Depuis une dizaine d’années, le constat se répète : la psychiatrie occupe le bas du classement des spécialités les moins prisées par les internes. Un désamour qui a encore placé la psychiatrie à la 40e place sur 44 des spécialités préférées des carabins à l’issue des ECN 2021. Résultat : les postes d’internat non pourvus en psychiatrie ne cessent d’augmenter. De 1 à 4 % en moyenne il y a quelques années, les emplois vacants sont passés à 11 % en 2020 et 13 % en 2021.
Des simulations plutôt que des cours magistraux ?
Pour comprendre les raisons de ce manque d’attractivité de la filière psychiatrie, l’association nationale des internes en psychiatrie (AFFEP), l’Association nationale des étudiants en médecine de France (Anemf) et l’Association des jeunes psychiatres et jeunes addictologues (AJPJA) se sont associés en mai dernier pour réaliser une enquête nationale transgénérationnelle : #ChoisirPsychiatrie. Étudiants en 1er et 2e cycle, internes mais aussi jeunes psychiatres en exercice : 3 400 personnes ont répondu à l’étude en ligne.

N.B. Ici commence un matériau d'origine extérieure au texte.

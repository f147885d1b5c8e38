-- ===== src/Task/Listing.antt =====
-- backend/app/core/task_registry.py: what `TaskRegistry.list` computes from the records.
pub mod Order
use mama_ai.Prelude.{
  ℕ, String, Bool, true, false, Option, none, some, List, [], ◌∷◌, ◌==◌, if◌then◌else◌, select,
  take, leb,
}
use mama_ai.Int.{ℤ, pos, negsuc}
use mama_ai.Result.{value_error, Result, ok, err}
use mama_ai.Newest.{newest_first}
use mama_ai.Task.{TaskStatus, text, same}
use mama_ai.Task.Record.{TaskRecord, validate_owner_id}

module _ {J : Type 0} where
  -- the two filters of `list`
  abbrev pub by_status : Option TaskStatus → TaskRecord J → Bool
  by_status none r = true
  by_status (some status) r = same r.status status

  abbrev pub by_owner : Option String → TaskRecord J → Bool
  by_owner none r = true
  by_owner (some owner) r = r.owner_id == owner

  abbrev pub cut : Option ℕ → List (TaskRecord J) → List (TaskRecord J)
  cut none rs = rs
  cut (some n) rs = take n rs

  unfoldable pub listing :
      Option TaskStatus → Option String → Option ℕ → List (TaskRecord J) → List (TaskRecord J)
  unfolding newest_first select
  listing status owner limit rs =
      cut limit
        (newest_first (λ r. r.created_at) (select (by_owner owner) (select (by_status status) rs)))

-- the check of `limit`
unfoldable pub check_limit : Option ℤ → Result (Option ℕ)
check_limit none = ok none
check_limit (some (pos n)) =
    if leb 1 n then ok (some n) else err (value_error ("Limit must be greater than zero." ∷ []))
check_limit (some (negsuc n)) = err (value_error ("Limit must be greater than zero." ∷ []))

unfoldable pub check_owner : Option String → Result (Option String)
unfolding validate_owner_id
check_owner none = ok none
check_owner (some owner) =
    let r = validate_owner_id (text owner) in elim r [ ok o ↦ ok (some o) | err e ↦ err e ]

Premier constat : alors qu’un étudiant sur 7 déclare avoir fait médecine pour choisir la psychiatrie, ils ne sont plus qu'un sur 10 à vouloir conserver ce choix de carrière après avoir entamé des études de médecine. Le cursus fait donc pencher la balance. « Un étudiant sur quatre trouve que la durée d’enseignement des cours de psychiatrie n’est pas adaptée et la moitié que la forme n’est pas adaptée, par exemple lorsqu’il s’agit de cours magistraux », détaille Nicolas Lunel, président de l’ANEMF, qui préconise de favoriser les enseignements « avec des simulations ou des patients experts, et ne plus seulement survoler des listes de pathologies ».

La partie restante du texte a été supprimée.